Bandar Lampung (Lampost.co) — Manuskrip kuno berjudul Ingok Perjanjian Kita resmi masuk daftar Ingatan Kolektif Nasional (IKON) 2025. Naskah ini menjadi salah satu warisan budaya Lampung dengan pengakuan secara nasional karena memuat nilai historis dan kepercayaan leluhur yang kuat.
Kepala Dinas Perpustakaan dan Kearsipan Lampung, Fitrianita Damhuri, menyampaikan bahwa naskah tersebut kini tersimpan di Museum Lampung. Menurutnya, pengakuan ini menegaskan pentingnya menjaga manuskrip kuno sebagai identitas dan memori budaya masyarakat Lampung.
“Penetapan ini diharapkan menjadi dorongan untuk menjaga naskah kuno sebagai sumber pengetahuan dan kebanggaan budaya bangsa,” ujarnya, Senin, 20 Oktober 2025.

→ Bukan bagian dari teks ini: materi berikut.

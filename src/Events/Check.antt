-- ===== src/Events/Check.antt =====
-- CheckEvents serves the events that are due.
use cpp_sockets_library.Prelude.{
  ℕ, zero, suc, ◌+◌, ◌*◌, ◌<◌, ◌≤◌, ◌≡◌, ◌≢◌, refl, Bool, true, not, ◌&&◌, Option, some, List, [],
  ◌∷◌, ◌++◌, ltb, ◌==◌, if◌then◌else◌, length, All, arith, Bool-cases, inl, inr, append_assoc,
  append-nil,
}
use cpp_sockets_library.Events.{
  Owner, Event, EventHandler, new_event, insert, add_event, erase_first, remove_event, Call, adds,
  removes, clears, call, calls_all, fires, serve, check_loop, check_events,
}
use cpp_sockets_library.Events.Order.{
  IsSorted, HasOwnIds, IsValid, erase_first-IsValid, add_event-IsValid, clear_events-IsValid,
  others, clear_events-others, All-map,
}

-- How many events are due at `now`; without those that have the id `id`.
due : ℕ → List Event → ℕ
due now [] = 0
due now (e ∷ es) = (if ltb e.time now then 1 else 0) + due now es

due_without : ℕ → ℕ → List Event → ℕ
due_without id now [] = 0
due_without id now (e ∷ es) =
    (if ltb e.time now && not (e.id == id) then 1 else 0) + due_without id now es

due-length : (now : ℕ) (es : List Event) → due now es ≤ length es
unfolding due
due-length now [] = omega arith
due-length now (e ∷ es) = ground (arith, due-length now es)

module _ (id now : ℕ) where
  without-due : (es : List Event) → due_without id now es ≤ due now es
  unfolding due_without due
  without-due [] = omega arith
  without-due (e ∷ es) = ground (arith, without-due es)

  without-erase_first :
      (p : Event → Bool) (es : List Event)
      → due_without id now (erase_first p es) ≤ due_without id now es
  unfolding due_without erase_first
  without-erase_first p [] = omega arith
  without-erase_first p (e ∷ es) = ground (arith, without-erase_first p es)

  without-others :
      (from : Owner) (es : List Event) → due_without id now (others from es) ≤ due_without id now es
  unfolding due_without others
  without-others from [] = omega arith
  without-others from (e ∷ es) = ground (arith, without-others from es)

  without-insert :
      (e : Event) (es : List Event)
      → now ≤ e.time
      → due_without id now (insert e es) ≤ due_without id now es
  unfolding due_without insert
  without-insert e [] h = ground arith
  without-insert e (x ∷ xs) h = ground (arith, without-insert e xs)

  without_absent :
      (es : List Event) → All (λ (x : Event). x.id ≢ id) es → due_without id now es ≡ due now es
  unfolding due_without due
  without_absent [] v = refl
  without_absent (e ∷ es) v = ground (arith, without_absent es v.1, v.0)

  -- Erasing an id leaves the due events that have another one.
  due-erase_first :
      (es : List Event)
      → HasOwnIds es
      → due now (erase_first (λ x. x.id == id) es) ≡ due_without id now es
  unfolding due_without due erase_first
  due-erase_first [] v = refl
  due-erase_first (e ∷ es) v = elim (Bool-cases (e.id == id)) [
    | inl b ↦
        let absent : All (λ (x : Event). x.id ≢ id) es =
          All-map (λ (x : Event). x.id ≢ e.id) (λ (x : Event). x.id ≢ id) es (λ x n. ground arith)
            v.0 in
        ground (arith, without_absent es absent)
    | inr b ↦ ground (arith, due-erase_first es v.1)
  ]

-- What OnEvent adds is not due yet.
abbrev pub IsLater : ℕ → Call → Type 0
IsLater now (adds from sec usec tick) = now ≤ tick + (sec * 1000000 + usec)
IsLater now (removes from eid) = Unit {0}
IsLater now (clears from) = Unit {0}

-- A call, or several, that add nothing due leave no more due events of other ids than there were.
abbrev Called : ℕ → ℕ → EventHandler → Option EventHandler → Type 0
Called id now h r =
    (h' : EventHandler) × (r ≡ some h')
    × IsValid h'
    × (due_without id now h'.events ≤ due_without id now h.events)

call-Called :
    (id now : ℕ) (c : Call) (h : EventHandler)
    → IsValid h
    → IsLater now c
    → Called id now h (call c h)
unfolding call remove_event
call-Called id now (adds from sec usec tick) h v l = (
  _,
  refl,
  add_event-IsValid from sec usec tick h v,
  unfold add_event new_event in without-insert id now _ h.events l,
)
call-Called id now (removes from eid) h v l =
    (_, refl, erase_first-IsValid _ h v, without-erase_first id now _ h.events)
call-Called id now (clears from) h v l = (
  _,
  clear_events-others from h,
  clear_events-IsValid from h v,
  without-others id now from h.events,
)

calls_all-Called :
    (id now : ℕ) (cs : List Call) (h : EventHandler)
    → IsValid h
    → All (IsLater now) cs
    → Called id now h (calls_all cs h)
unfolding calls_all
calls_all-Called id now [] h v l = (h, refl, v, omega arith)
calls_all-Called id now (c ∷ cs) h v l =
    let (h1, e1, v1, d1) = call-Called id now c h v l.0 in
    let (h2, e2, v2, d2) = calls_all-Called id now cs h1 v1 l.1 in
    (h2, rw (calls_all, e1, e2) refl, v2, omega arith)

none_due :
    (now : ℕ) (e : Event) (es : List Event)
    → IsSorted (e ∷ es)
    → now ≤ e.time
    → All (λ (x : Event). now ≤ x.time) (e ∷ es)
none_due now e es v le = (
  le,
  All-map (λ (x : Event). e.time ≤ x.time) (λ (x : Event). now ≤ x.time) es (λ x h. omega arith)
      v.0,
)

abbrev at : List Event → ℕ → ℕ → EventHandler
at es u r = record { events = es; unique_id = u; releases = r }

module _ (valid : ℕ → Bool) (on_event : Owner → ℕ → List Call) (now : ℕ)
    (later : (o : Owner) (id : ℕ) → All (IsLater now) (on_event o id)) where
  called :
      (e : Event) → All (IsLater now) (if fires valid on_event e then on_event e.from e.id else [])
  called e = elim (Bool-cases (fires valid on_event e)) [
    | inl b ↦ rw b (later e.from e.id)
    | inr b ↦ rw b tt
  ]

  serve-due :
      (e : Event) (es : List Event) (u r : ℕ)
      → IsValid (at (e ∷ es) u r)
      → ltb e.time now ≡ true
      → (h' : EventHandler) × (serve valid on_event e (at (e ∷ es) u r) ≡ some h')
        × IsValid h'
        × (due now h'.events < due now (e ∷ es))
  unfolding serve
  serve-due e es u r v b =
      let (h1, e1, v1, d1) = calls_all-Called e.id now _ (at (e ∷ es) u r) v (called e) in
      let erased = due-erase_first e.id now h1.events v1.own_ids in
      let first : due_without e.id now (e ∷ es) < due now (e ∷ es) =
        unfold due due_without in ground (arith, without-due e.id now es) in
      (
        record h1 { events = erase_first (λ x. x.id == e.id) h1.events },
        rw (serve, e1) refl,
        erase_first-IsValid _ h1 v1,
        omega (arith, erased, d1, first),
      )

  abbrev Served : Option (EventHandler × List ℕ) → Type 0
  Served r =
      (h' : EventHandler) × (ids : List ℕ) × (r ≡ some (h', ids))
      × IsValid h'
      × All (λ (e : Event). now ≤ e.time) h'.events

  check_loop-Served :
      (fuel : ℕ) (es : List Event) (u r : ℕ) (log : List ℕ)
      → IsValid (at es u r)
      → due now es < fuel
      → Served (check_loop valid on_event fuel now (at es u r) log)
  unfolding check_loop
  check_loop-Served zero es u r log v lt = absurd (omega arith)
  check_loop-Served (suc fuel) [] u r log v lt = (_, log, refl, v, tt)
  check_loop-Served (suc fuel) (e ∷ es) u r log v lt = elim (Bool-cases (ltb e.time now)) [
    | inl b ↦
        let (h1, e1, v1, less) = serve-due e es u r v b in
        let next : List ℕ = (if fires valid on_event e then log ++ e.id ∷ [] else log) in
        let (h2, ids, e2, v2, none_left) =
          check_loop-Served fuel h1.events h1.unique_id h1.releases next v1 (omega arith) in
        (h2, ids, rw (b, e1) e2, v2, none_left)
    | inr b ↦ (_, log, rw b refl, v, none_due now e es v.sorted (ground arith))
  ]

  -- CheckEvents ends, and leaves no event that is due, where every OnEvent adds only events that
  -- are not due yet; what it does else with the handler does not matter. The handler stays valid.
  pub check_events-Served :
      (h : EventHandler)
      → IsValid h
      → (h' : EventHandler) × (ids : List ℕ) × (check_events valid on_event now h ≡ some (h', ids))
        × IsValid h'
        × All (λ (e : Event). now ≤ e.time) h'.events
  check_events-Served h v =
      unfold check_events in
      check_loop-Served (length h.events + 1) h.events h.unique_id h.releases [] v
        (omega (arith, due-length now h.events))

-- The events that are not due; and the ids of those that are, and whose owner is there.
pub waiting : ℕ → List Event → List Event
waiting now [] = []
waiting now (e ∷ es) = let rest = waiting now es in if ltb e.time now then rest else e ∷ rest

pub served : (ℕ → Bool) → ℕ → List Event → List ℕ
served valid now [] = []
served valid now (e ∷ es) =
    let rest = served valid now es in
    if ltb e.time now && fires valid (λ _ _. []) e then e.id ∷ rest else rest

abbrev quiet : Owner → ℕ → List Call
quiet o id = []

nothing_served :
    (valid : ℕ → Bool) (now : ℕ) (es : List Event)
    → All (λ (x : Event). now ≤ x.time) es
    → (waiting now es ≡ es) × (served valid now es ≡ [])
unfolding waiting served
nothing_served valid now [] v = (refl, refl)
nothing_served valid now (e ∷ es) v =
    let (w, s) = nothing_served valid now es v.1 in (ground arith, ground arith)

own_id-erase_first : (e : Event) (es : List Event) → erase_first (λ x. x.id == e.id) (e ∷ es) ≡ es
unfolding erase_first
own_id-erase_first e es = ground arith

serve-quiet :
    (valid : ℕ → Bool) (e : Event) (es : List Event) (u r : ℕ)
    → serve valid quiet e (at (e ∷ es) u r) ≡ some (at es u r)
unfolding serve calls_all
serve-quiet valid e es u r = elim (Bool-cases (fires valid quiet e)) [
  | inl b ↦ rw (serve, b, own_id-erase_first e es) refl
  | inr b ↦ rw (serve, b, own_id-erase_first e es) refl
]

served-log :
    (valid : ℕ → Bool) (now : ℕ) (e : Event) (es : List Event) (log : List ℕ)
    → ltb e.time now ≡ true
    → (if fires valid quiet e then log ++ e.id ∷ [] else log) ++ served valid now es
      ≡ log ++ served valid now (e ∷ es)
unfolding served
served-log valid now e es log b = elim (Bool-cases (fires valid quiet e)) [
  | inl f ↦ rw (served, b, f) (append_assoc log (e.id ∷ []) (served valid now es))
  | inr f ↦ rw (served, b, f) refl
]

check_loop-quiet :
    (valid : ℕ → Bool) (now fuel : ℕ) (es : List Event) (u r : ℕ) (log : List ℕ)
    → IsSorted es
    → length es < fuel
    → check_loop valid quiet fuel now (at es u r) log
      ≡ some (at (waiting now es) u r, log ++ served valid now es)
unfolding check_loop waiting served
check_loop-quiet valid now zero es u r log v lt = absurd (omega arith)
check_loop-quiet valid now (suc fuel) [] u r log v lt = rw append-nil refl
check_loop-quiet valid now (suc fuel) (e ∷ es) u r log v lt = elim (Bool-cases (ltb e.time now)) [
  | inl b ↦
      let next : List ℕ = (if fires valid quiet e then log ++ e.id ∷ [] else log) in
      let rest = check_loop-quiet valid now fuel es u r next v.1 (omega arith) in
      rw (← served-log valid now e es log b) (rw (b, serve-quiet valid e es u r) rest)
  | inr b ↦
      let (w, s) = nothing_served valid now (e ∷ es) (none_due now e es v (ground arith)) in
      rw (w, s, b, append-nil) refl
]

-- Where OnEvent does nothing with the handler, CheckEvents leaves the events that are not due, in
-- their order, and has called OnEvent for the others in the order of time, but for those of a
-- Socket that is no longer there.
pub check_events-quiet :
    (valid : ℕ → Bool) (now : ℕ) (h : EventHandler)
    → IsValid h
    → check_events valid (λ _ _. []) now h
      ≡ some (record h { events = waiting now h.events }, served valid now h.events)
unfolding check_events
check_events-quiet valid now h v =
    check_loop-quiet valid now (length h.events + 1) h.events h.unique_id h.releases [] v.sorted
      (omega arith)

Kepala Bidang Deposit, Akuisisi, dan Pengelolaan Bahan Pustaka Dinas Perpustakaan dan Kearsipan Lampung, Yanti Hakim, menjelaskan bahwa manuskrip ini tertulis di atas kulit kayu halim menggunakan aksara hat atau sukat Lampung. Sebagian teks menggunakan bahasa Melayu kuno, Arab, dan Banten, dengan ketebalan mencapai 40 lembar. Perkiraan, naskah tersebut berasal dari abad ke-17 hingga ke-18.
Yanti mengungkapkan, isi naskah merekam masa ketika pembukaan hutan belantara menjadi pemukiman. Masyarakat saat itu melakukan perjanjian gaib dengan 33 makhluk penghuni hutan, seperti jin, setan, dan buta.

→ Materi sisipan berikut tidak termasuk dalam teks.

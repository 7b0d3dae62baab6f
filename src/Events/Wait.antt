-- ===== src/Events/Wait.antt =====
-- GetTimeUntilNextEvent of src/EventHandler.cpp.
use cpp_sockets_library.Prelude.{
  ℕ, ◌+◌, ◌-◌, ◌*◌, ◌/◌, ◌%◌, ◌<◌, ◌≤◌, ◌≡◌, ◌⊎◌, refl, some, List, ◌∷◌, ltb, leb, if◌then◌else◌,
  All, arith, Bool-cases, inl, inr,
}
use cpp_sockets_library.Events.{Event, time_until_next}
use cpp_sockets_library.Events.Order.{IsSorted, IsValid, All-map}

-- A wait of `d` microseconds from `now` on that is over no later than `e` is due, or the shortest
-- one where `e` is due already.
abbrev pub IsEnough : ℕ → ℕ → Event → Type 0
IsEnough now d e = ((e.time ≤ now) × (d ≡ 1)) ⊎ (now + d ≤ e.time)

until : ℕ → Event → ℕ
until now e = if ltb now e.time then e.time - now else 1

later-IsEnough :
    (now d : ℕ) (e : Event) (es : List Event)
    → IsSorted (e ∷ es)
    → IsEnough now d e
    → All (IsEnough now d) (e ∷ es)
later-IsEnough now d e es v enough = (
  enough,
  All-map (λ (x : Event). e.time ≤ x.time) (IsEnough now d) es
      (λ x h. elim enough [
        | inl t ↦
            let due = t.0 in
            let one = t.1 in
            elim (Bool-cases (leb x.time now)) [
              | inl b ↦ inl (ground arith, one)
              | inr b ↦ inr (ground arith)
            ]
        | inr t ↦ inr (omega arith)
      ])
      v.0,
)

until-IsEnough : (now d : ℕ) (e : Event) → d ≡ until now e → IsEnough now d e
unfolding until
until-IsEnough now d e h = elim (Bool-cases (ltb now e.time)) [
  | inl b ↦ inr (ground arith)
  | inr b ↦ inl (ground arith, ground arith)
]

until-positive : (now : ℕ) (e : Event) → 1 ≤ until now e
unfolding until
until-positive now e = ground arith

until-exact : (now : ℕ) (e : Event) → now < e.time → now + until now e ≡ e.time
unfolding until
until-exact now e h = ground arith

until-due : (now : ℕ) (e : Event) → e.time ≤ now → until now e ≡ 1
unfolding until
until-due now e h = ground arith

until-first :
    (now : ℕ) (e : Event)
    → ((now < e.time) × (now + until now e ≡ e.time)) ⊎ ((e.time ≤ now) × (until now e ≡ 1))
until-first now e = elim (Bool-cases (ltb now e.time)) [
  | inl b ↦ let h : now < e.time = ground arith in inl (h, until-exact now e h)
  | inr b ↦ let h : e.time ≤ now = ground arith in inr (h, until-due now e h)
]

-- With events in the list, a valid handler gives a time to wait: less than a million of
-- microseconds beside the seconds, and not zero in all. It is exactly the time until the first event,
-- or one microsecond where that is due already. For every event of the list it is over no later than
-- the event is due, or it is one microsecond and the event is due already.
pub time_until_next-IsEnough :
    (now : ℕ) (e : Event) (es : List Event) (u r : ℕ)
    → IsValid (record { events = e ∷ es; unique_id = u; releases = r })
    → (sec : ℕ) × (usec : ℕ) × (time_until_next now
          (record { events = e ∷ es; unique_id = u; releases = r })
        ≡ some (sec, usec))
      × (usec < 1000000)
      × (1 ≤ sec * 1000000 + usec)
      × (((now < e.time) × (now + (sec * 1000000 + usec) ≡ e.time))
          ⊎ ((e.time ≤ now) × (sec * 1000000 + usec ≡ 1)))
      × All (IsEnough now (sec * 1000000 + usec)) (e ∷ es)
unfolding time_until_next
time_until_next-IsEnough now e es u r v =
    let d = until now e in
    let whole : d / 1000000 * 1000000 + d % 1000000 ≡ d = omega arith in
    (
      d / 1000000,
      d % 1000000,
      unfold until in refl,
      omega arith,
      rw whole (until-positive now e),
      rw whole (until-first now e),
      later-IsEnough now _ e es v.sorted (until-IsEnough now _ e whole),
    )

Dalam perjanjian itu, ada ritual pemotongan kerbau putih bertanduk hitam. Lalu bagian tubuhnya—dari daging hingga limpa—dibagikan kepada setiap unsur makhluk gaib sebagai bentuk penghormatan dan permohonan izin.
Transisi Budaya
Ritual tersebut bukan sekadar tradisi spiritual, tetapi juga menandai transisi budaya dari pengaruh Hindu-Buddha menuju Islam. Jejak tradisi ini masih terlihat dalam ritual ruatan pembukaan ladang hingga upacara adat laut di sejumlah kampung di Lampung.
“Ingok Perjanjian Kita adalah cermin transisi kepercayaan. Naskah ini hidup dalam adat Lampung hingga sekarang,” tegas Yanti.
Pengakuan ini membuka ruang lebih luas untuk riset dan pelestarian naskah kuno sebagai bagian dari identitas budaya Lampung dan memori kolektif bangsa.